4. Target Market: ALL Industries


 Frontline managers
 Head of Customer service
 Outlet managers
 Franchise heads

Industries: Healthcare, social service, banking, retail, FMCG

5. Research Call Feedbacks


1. Daarwin Subramanee, Medical Doctor, Sydney
This is very common in the healthcare sector. Doctors don’t face it as much as the
nurses and the patient registrars. If this training takes a more practical approach on how
to deal with these aggressive customers, it will be a great help for frontliners in many
industries as this unpleasant action is becoming the norm in Australia.
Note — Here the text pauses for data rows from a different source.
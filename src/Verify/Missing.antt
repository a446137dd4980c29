-- ===== src/Verify/Missing.antt =====
-- When nothing is missing.
use kmp_issuer.Base.{
  ◌≡◌, refl, ◌↔◌, inl, inr, Bool, true, List, [], ◌∷◌, ◌++◌, any, In, here, there, sym, ◌∙◌,
  Bool-cases, In-cons_cases, subst,
}
use mathlib.Core.Bool.{false≢true, or-true}
use mathlib.Core.List.{cons-ne-nil}
use kmp_issuer.Text.{Bytes}
use kmp_issuer.Verify.{missing_from}

module _ {ℓ} {A : Type ℓ} (test : A → Bool) where
  pub any-In : (xs : List A) → any test xs ≡ true → (x : A) × In x xs × (test x ≡ true)
  any-In [] h = absurd (false≢true h)
  any-In (x ∷ xs) h = elim (Bool-cases (test x)) [
    | inl passes ↦ (x, here refl, passes)
    | inr fails ↦ let (y, i, e) = any-In xs (rw fails at h) in (y, there i, e)
  ]

  pub In-any : (xs : List A) (x : A) → In x xs → test x ≡ true → any test xs ≡ true
  In-any [] x i e = elim i [ ]
  In-any (y ∷ xs) x i e = elim (In-cons_cases i) [
    | inl same ↦ rw (subst (λ z. test z ≡ true) (sym same) e)
    | inr j ↦ rw (In-any xs x j e) (or-true (test y))
  ]

pub any_iff {ℓ} :
    {A : Type ℓ} (test : A → Bool) (xs : List A)
    → (any test xs ≡ true) ↔ ((x : A) × In x xs × (test x ≡ true))
any_iff test xs = (any-In test xs, λ (x, i, e). In-any test xs x i e)

pub append-eq-nil {ℓ} : {A : Type ℓ} (xs ys : List A) → xs ++ ys ≡ [] → (xs ≡ []) × (ys ≡ [])
append-eq-nil [] ys h = (refl, h)
append-eq-nil (x ∷ xs) ys h = cc

pub missing_from-eq-nil :
    (present : Bytes → Bool) (describe : Bytes → Bytes) (wants : List Bytes)
    → (missing_from present describe wants ≡ [])
      ↔ ((want : Bytes) → In want wants → present want ≡ true)
unfolding missing_from
missing_from-eq-nil present describe [] = (λ _ want i. elim i [ ], λ _. refl)
missing_from-eq-nil present describe (w ∷ wants) =
    let (to, from) = missing_from-eq-nil present describe wants in
    elim (Bool-cases (present w)) [
      | inl found ↦ (
        λ h want i. elim (In-cons_cases i) [
          | inl e ↦ subst (λ z. present z ≡ true) e found
          | inr j ↦ to (rw found at h) want j
        ],
        λ f. rw found (from λ want j. f want (there j)),
      )
      | inr lost ↦ (
        λ h. absurd (cons-ne-nil _ _ (rw lost at h)),
        λ f. absurd (false≢true (sym lost ∙ f w (here refl))),
      )
    ]

-- The same, for a test that decides a predicate.
pub missing_from_iff {ℓ} :
    {P : Bytes → Type ℓ} {present : Bytes → Bool}
    → ((want : Bytes) → (present want ≡ true) ↔ P want)
    → (describe : Bytes → Bytes) (wants : List Bytes)
    → (missing_from present describe wants ≡ []) ↔ ((want : Bytes) → In want wants → P want)
missing_from_iff {present} d describe wants =
    let (to, from) = missing_from-eq-nil present describe wants in
    (λ h want i. (d want).0 (to h want i), λ f. from (λ want i. (d want).1 (f want i)))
He believes
administrative officers have it the worse in healthcare compared to the others.
2. Joan Loo, Retail Manager, Zara, Perth
She witnesses aggressive customers very often in Sydney and Melbourne and hear
horror stories from other retails in bigger cities. Small issues like no size, no preferred
colour or no exact perfume (due to discontinued product) can trigger this emotion. She
has encountered a verbally abusive customer who calmed down upon offering a
discount for her next purchase (which was accounted as a staff discount) and she
concluded some exhibit these emotions for discounts or freebies.
3. Chien Huey, Nurse, Perth
She mentioned that she sees this almost everyday before she moved from Melbourne to
Perth. More than to nurses, employees at Starbucks and McDonalds encounter this
more in Melbourne because of wrong order, ice cream machine breaking down and
them running out of certain food. In the healthcare however, many patients and family
members of patients are under a lot of stress and they tend to take it out on nurses or
whoever they see first. Nurses most of the times don’t have the rights to confirm or
discuss a situation with the family member’s of a patient, so when question arises and it
is not answered, the others tend to attack verbal and sometimes physically.
4. Zac Ong, Manager, Lord of the Fries, Melbourne
As a fastfood manager, Zac has experienced it very often in his day in day out work. He
mentioned that the women in fast food has it worse as verbal abuse is very common
and it only gets worse during holidays and festival time as the number of drunk people
walking in at closing hours requesting for large orders is the norm. He tries to
accommodate but he always put the safety of his staffs first.